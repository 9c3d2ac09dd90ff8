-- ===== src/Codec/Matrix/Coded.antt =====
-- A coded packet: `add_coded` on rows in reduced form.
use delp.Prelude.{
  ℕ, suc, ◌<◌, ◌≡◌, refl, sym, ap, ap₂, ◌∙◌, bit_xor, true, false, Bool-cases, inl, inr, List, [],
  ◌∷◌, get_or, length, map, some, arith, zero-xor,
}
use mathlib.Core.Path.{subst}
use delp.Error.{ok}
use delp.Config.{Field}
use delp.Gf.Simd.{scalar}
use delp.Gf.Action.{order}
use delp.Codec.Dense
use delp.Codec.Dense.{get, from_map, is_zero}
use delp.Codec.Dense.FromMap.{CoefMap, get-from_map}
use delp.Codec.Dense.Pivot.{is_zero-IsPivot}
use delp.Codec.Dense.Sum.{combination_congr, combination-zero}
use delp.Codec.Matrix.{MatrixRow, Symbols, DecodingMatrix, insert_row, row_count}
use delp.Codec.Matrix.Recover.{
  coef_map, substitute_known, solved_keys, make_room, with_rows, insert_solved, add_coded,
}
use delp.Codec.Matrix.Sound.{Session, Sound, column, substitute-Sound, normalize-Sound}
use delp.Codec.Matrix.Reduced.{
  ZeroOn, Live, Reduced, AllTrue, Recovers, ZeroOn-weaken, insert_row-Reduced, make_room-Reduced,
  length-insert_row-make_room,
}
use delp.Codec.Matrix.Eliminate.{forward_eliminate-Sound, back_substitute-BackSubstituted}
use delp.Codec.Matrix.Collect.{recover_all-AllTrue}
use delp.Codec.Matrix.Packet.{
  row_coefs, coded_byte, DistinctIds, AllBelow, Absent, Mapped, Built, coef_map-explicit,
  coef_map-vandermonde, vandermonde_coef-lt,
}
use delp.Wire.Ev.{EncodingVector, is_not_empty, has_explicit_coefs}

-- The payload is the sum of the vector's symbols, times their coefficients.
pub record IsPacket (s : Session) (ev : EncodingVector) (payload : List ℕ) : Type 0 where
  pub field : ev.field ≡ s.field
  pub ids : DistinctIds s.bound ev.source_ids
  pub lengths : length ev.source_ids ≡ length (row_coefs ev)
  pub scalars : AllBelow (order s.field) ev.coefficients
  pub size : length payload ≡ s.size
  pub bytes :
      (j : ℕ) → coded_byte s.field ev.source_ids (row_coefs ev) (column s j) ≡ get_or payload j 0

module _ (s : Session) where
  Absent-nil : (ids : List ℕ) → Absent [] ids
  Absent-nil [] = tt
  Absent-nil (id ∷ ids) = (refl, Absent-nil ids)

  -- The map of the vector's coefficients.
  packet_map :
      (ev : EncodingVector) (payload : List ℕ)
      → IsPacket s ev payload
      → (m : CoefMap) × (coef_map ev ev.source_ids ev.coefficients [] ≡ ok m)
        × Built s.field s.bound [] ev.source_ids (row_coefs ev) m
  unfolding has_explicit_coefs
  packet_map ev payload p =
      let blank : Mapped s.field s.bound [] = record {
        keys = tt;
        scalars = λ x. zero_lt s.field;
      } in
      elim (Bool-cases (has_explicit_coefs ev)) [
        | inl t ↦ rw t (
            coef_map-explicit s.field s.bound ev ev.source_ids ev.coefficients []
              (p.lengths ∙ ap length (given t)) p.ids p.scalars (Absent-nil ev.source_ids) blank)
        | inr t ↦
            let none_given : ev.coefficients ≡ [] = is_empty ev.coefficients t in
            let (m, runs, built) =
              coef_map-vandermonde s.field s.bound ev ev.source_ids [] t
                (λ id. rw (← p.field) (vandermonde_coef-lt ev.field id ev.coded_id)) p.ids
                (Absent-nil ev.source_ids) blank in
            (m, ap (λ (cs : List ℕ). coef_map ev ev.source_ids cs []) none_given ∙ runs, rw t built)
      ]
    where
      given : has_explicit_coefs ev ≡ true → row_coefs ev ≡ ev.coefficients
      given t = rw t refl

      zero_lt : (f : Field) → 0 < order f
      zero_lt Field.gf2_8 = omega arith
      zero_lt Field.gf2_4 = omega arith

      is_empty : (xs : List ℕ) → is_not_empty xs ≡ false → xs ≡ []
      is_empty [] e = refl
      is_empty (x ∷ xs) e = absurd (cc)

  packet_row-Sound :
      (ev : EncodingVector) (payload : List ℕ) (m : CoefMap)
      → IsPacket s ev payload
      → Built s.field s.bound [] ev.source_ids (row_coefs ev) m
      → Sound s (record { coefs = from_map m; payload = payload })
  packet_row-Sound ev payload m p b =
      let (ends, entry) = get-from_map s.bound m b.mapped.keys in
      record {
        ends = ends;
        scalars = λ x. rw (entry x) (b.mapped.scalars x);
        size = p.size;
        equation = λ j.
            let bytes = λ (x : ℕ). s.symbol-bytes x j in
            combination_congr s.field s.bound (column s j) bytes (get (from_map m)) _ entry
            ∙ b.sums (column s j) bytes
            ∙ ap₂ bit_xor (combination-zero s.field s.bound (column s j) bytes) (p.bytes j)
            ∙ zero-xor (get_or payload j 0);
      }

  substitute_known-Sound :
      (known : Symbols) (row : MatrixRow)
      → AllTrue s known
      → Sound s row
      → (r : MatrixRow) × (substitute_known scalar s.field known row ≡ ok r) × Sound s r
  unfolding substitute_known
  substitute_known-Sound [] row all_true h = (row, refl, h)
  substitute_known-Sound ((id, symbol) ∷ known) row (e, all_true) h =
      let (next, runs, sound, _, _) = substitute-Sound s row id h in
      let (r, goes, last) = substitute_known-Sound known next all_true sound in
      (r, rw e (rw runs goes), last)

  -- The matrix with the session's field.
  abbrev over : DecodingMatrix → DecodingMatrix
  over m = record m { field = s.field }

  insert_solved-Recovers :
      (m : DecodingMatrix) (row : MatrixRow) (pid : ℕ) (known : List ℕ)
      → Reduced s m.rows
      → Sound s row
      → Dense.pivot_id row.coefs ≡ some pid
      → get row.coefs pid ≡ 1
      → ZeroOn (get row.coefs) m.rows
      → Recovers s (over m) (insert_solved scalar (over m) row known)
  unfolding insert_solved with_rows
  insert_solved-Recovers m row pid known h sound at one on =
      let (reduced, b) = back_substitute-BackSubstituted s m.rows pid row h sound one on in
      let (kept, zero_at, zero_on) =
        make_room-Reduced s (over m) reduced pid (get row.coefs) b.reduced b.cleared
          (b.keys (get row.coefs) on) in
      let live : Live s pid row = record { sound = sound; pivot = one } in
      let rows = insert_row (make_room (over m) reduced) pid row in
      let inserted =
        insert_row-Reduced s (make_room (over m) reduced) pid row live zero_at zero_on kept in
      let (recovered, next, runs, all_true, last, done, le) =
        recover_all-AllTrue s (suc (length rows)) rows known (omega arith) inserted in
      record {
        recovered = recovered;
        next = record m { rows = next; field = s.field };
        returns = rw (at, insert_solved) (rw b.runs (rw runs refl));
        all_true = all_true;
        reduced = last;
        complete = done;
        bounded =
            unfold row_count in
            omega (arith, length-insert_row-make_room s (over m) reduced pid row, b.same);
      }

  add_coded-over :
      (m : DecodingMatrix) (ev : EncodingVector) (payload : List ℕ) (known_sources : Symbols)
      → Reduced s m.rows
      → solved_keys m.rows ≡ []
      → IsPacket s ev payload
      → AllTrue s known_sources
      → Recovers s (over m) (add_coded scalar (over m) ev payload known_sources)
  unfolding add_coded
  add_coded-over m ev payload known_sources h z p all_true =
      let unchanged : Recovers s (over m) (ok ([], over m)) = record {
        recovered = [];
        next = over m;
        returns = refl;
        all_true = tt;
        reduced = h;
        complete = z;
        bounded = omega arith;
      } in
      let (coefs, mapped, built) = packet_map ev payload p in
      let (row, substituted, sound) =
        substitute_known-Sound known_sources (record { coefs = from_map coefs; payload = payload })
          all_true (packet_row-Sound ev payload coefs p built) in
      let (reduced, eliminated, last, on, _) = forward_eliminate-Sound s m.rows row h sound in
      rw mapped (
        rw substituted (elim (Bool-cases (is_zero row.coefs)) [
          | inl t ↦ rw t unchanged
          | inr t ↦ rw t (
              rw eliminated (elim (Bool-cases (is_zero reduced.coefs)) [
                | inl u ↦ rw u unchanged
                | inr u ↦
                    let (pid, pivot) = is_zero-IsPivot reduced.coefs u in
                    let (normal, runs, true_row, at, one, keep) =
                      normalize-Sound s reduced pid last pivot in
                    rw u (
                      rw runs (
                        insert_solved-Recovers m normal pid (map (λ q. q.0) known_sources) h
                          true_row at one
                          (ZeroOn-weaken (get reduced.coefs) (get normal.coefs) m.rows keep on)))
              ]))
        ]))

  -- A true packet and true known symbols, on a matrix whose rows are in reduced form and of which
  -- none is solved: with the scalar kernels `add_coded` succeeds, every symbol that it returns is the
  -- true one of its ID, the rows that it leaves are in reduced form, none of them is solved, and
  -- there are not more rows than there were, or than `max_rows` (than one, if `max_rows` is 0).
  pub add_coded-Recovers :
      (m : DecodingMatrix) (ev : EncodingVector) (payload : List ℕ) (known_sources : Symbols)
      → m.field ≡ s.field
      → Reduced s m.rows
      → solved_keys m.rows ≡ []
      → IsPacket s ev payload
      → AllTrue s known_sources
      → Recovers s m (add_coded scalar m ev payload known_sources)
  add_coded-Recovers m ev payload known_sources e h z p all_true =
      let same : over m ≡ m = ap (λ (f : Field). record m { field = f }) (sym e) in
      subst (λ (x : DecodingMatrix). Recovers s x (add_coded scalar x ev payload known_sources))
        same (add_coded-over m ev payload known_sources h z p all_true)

- _Your instructions_
Where the listing above has a line with "is_empty : (xs", start there, and output every line exactly through the line with "-- The matrix with the session's field.", which is also included.

- _Solution to this problem_
      is_empty : (xs : List ℕ) → is_not_empty xs ≡ false → xs ≡ []
      is_empty [] e = refl
      is_empty (x ∷ xs) e = absurd (cc)

  packet_row-Sound :
      (ev : EncodingVector) (payload : List ℕ) (m : CoefMap)
      → IsPacket s ev payload
      → Built s.field s.bound [] ev.source_ids (row_coefs ev) m
      → Sound s (record { coefs = from_map m; payload = payload })
  packet_row-Sound ev payload m p b =
      let (ends, entry) = get-from_map s.bound m b.mapped.keys in
      record {
        ends = ends;
        scalars = λ x. rw (entry x) (b.mapped.scalars x);
        size = p.size;
        equation = λ j.
            let bytes = λ (x : ℕ). s.symbol-bytes x j in
            combination_congr s.field s.bound (column s j) bytes (get (from_map m)) _ entry
            ∙ b.sums (column s j) bytes
            ∙ ap₂ bit_xor (combination-zero s.field s.bound (column s j) bytes) (p.bytes j)
            ∙ zero-xor (get_or payload j 0);
      }

  substitute_known-Sound :
      (known : Symbols) (row : MatrixRow)
      → AllTrue s known
      → Sound s row
      → (r : MatrixRow) × (substitute_known scalar s.field known row ≡ ok r) × Sound s r
  unfolding substitute_known
  substitute_known-Sound [] row all_true h = (row, refl, h)
  substitute_known-Sound ((id, symbol) ∷ known) row (e, all_true) h =
      let (next, runs, sound, _, _) = substitute-Sound s row id h in
      let (r, goes, last) = substitute_known-Sound known next all_true sound in
      (r, rw e (rw runs goes), last)

  -- The matrix with the session's field.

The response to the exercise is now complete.